=== Section Start ===
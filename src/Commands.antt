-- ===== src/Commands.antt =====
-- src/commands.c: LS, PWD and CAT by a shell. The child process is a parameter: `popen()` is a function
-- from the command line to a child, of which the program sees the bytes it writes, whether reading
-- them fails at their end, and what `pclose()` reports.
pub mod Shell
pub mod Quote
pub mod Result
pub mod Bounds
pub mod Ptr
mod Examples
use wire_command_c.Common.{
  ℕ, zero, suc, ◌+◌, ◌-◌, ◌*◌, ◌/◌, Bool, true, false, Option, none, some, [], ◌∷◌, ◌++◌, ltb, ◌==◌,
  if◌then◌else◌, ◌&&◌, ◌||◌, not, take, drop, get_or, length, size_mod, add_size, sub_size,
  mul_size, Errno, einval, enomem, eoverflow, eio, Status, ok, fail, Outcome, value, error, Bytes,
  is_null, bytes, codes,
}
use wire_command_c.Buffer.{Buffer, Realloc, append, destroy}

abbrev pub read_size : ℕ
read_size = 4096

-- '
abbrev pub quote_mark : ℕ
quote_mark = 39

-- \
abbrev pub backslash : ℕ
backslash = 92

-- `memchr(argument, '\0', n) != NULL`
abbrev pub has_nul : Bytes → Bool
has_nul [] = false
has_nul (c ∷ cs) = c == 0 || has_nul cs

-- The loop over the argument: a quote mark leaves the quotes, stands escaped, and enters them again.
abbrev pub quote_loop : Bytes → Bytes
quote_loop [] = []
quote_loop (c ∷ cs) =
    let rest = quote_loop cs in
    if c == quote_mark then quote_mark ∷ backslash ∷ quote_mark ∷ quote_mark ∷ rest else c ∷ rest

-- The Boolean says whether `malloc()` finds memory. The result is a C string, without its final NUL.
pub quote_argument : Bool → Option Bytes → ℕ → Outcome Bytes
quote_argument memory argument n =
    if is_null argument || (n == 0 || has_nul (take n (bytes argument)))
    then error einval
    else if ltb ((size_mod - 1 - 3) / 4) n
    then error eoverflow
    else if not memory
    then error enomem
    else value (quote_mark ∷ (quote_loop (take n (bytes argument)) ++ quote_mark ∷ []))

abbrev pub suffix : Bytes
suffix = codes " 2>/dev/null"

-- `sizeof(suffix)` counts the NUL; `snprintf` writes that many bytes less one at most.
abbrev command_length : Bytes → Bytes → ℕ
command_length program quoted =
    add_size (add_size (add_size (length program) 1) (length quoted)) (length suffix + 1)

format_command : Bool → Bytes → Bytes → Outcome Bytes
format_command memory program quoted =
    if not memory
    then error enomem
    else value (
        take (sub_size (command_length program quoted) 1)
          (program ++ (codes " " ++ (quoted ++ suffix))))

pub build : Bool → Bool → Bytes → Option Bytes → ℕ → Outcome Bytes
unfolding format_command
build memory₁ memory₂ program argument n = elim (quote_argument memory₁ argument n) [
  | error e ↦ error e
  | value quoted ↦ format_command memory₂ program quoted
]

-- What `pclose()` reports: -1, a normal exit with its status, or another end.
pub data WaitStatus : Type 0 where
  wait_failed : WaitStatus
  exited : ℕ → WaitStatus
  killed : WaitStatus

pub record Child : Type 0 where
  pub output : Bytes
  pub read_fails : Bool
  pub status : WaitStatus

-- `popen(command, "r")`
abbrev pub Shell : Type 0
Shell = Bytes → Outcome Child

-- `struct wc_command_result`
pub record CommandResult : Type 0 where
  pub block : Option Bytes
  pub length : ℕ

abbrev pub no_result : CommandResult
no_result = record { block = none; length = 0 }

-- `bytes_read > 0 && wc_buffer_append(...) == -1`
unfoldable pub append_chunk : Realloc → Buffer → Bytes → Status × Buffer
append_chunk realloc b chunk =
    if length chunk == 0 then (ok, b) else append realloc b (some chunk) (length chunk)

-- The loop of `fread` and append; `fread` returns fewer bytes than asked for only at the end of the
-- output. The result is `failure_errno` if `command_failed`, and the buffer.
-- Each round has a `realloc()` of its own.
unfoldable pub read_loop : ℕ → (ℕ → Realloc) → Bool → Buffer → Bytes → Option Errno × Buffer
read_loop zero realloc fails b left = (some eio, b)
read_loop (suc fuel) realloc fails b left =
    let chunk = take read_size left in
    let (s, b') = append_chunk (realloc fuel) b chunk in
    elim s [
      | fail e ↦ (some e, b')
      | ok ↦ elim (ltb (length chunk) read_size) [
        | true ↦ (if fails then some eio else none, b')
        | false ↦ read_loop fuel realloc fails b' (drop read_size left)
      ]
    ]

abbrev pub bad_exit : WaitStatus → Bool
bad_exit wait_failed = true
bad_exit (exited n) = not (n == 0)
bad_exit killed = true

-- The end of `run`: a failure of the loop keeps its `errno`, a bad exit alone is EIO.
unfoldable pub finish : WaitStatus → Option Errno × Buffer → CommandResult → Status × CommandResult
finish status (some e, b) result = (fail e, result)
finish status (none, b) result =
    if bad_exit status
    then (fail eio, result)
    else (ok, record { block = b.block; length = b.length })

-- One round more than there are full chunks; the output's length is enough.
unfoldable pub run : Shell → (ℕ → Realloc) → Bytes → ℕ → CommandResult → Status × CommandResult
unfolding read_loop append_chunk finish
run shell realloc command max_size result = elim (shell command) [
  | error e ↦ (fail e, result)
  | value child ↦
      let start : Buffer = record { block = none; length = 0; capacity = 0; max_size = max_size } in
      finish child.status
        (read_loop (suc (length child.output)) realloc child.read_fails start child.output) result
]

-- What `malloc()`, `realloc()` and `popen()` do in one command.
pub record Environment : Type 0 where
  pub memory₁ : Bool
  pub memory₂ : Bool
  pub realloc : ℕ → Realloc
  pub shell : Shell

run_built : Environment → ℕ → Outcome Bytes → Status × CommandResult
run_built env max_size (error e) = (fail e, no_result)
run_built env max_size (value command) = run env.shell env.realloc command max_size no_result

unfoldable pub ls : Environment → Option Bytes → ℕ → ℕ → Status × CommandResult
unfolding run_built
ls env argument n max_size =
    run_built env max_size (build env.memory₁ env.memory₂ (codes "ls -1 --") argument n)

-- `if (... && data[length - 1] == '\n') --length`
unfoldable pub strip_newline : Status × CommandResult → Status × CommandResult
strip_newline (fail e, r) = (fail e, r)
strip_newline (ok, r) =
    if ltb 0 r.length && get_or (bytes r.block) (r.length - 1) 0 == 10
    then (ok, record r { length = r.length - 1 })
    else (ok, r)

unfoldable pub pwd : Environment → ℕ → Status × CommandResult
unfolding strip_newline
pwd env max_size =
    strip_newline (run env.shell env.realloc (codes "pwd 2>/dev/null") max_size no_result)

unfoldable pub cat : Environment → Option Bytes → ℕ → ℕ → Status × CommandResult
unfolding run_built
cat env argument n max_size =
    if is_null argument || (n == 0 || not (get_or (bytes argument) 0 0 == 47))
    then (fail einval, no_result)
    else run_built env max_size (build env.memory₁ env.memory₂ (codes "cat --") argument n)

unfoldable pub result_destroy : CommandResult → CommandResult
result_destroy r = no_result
=== Section End ===
__TASK PROMPT__. Find out how many lines in the listing contain the word "record", and respond with that number only.

__SOLUTION FOR THIS TASK__. 7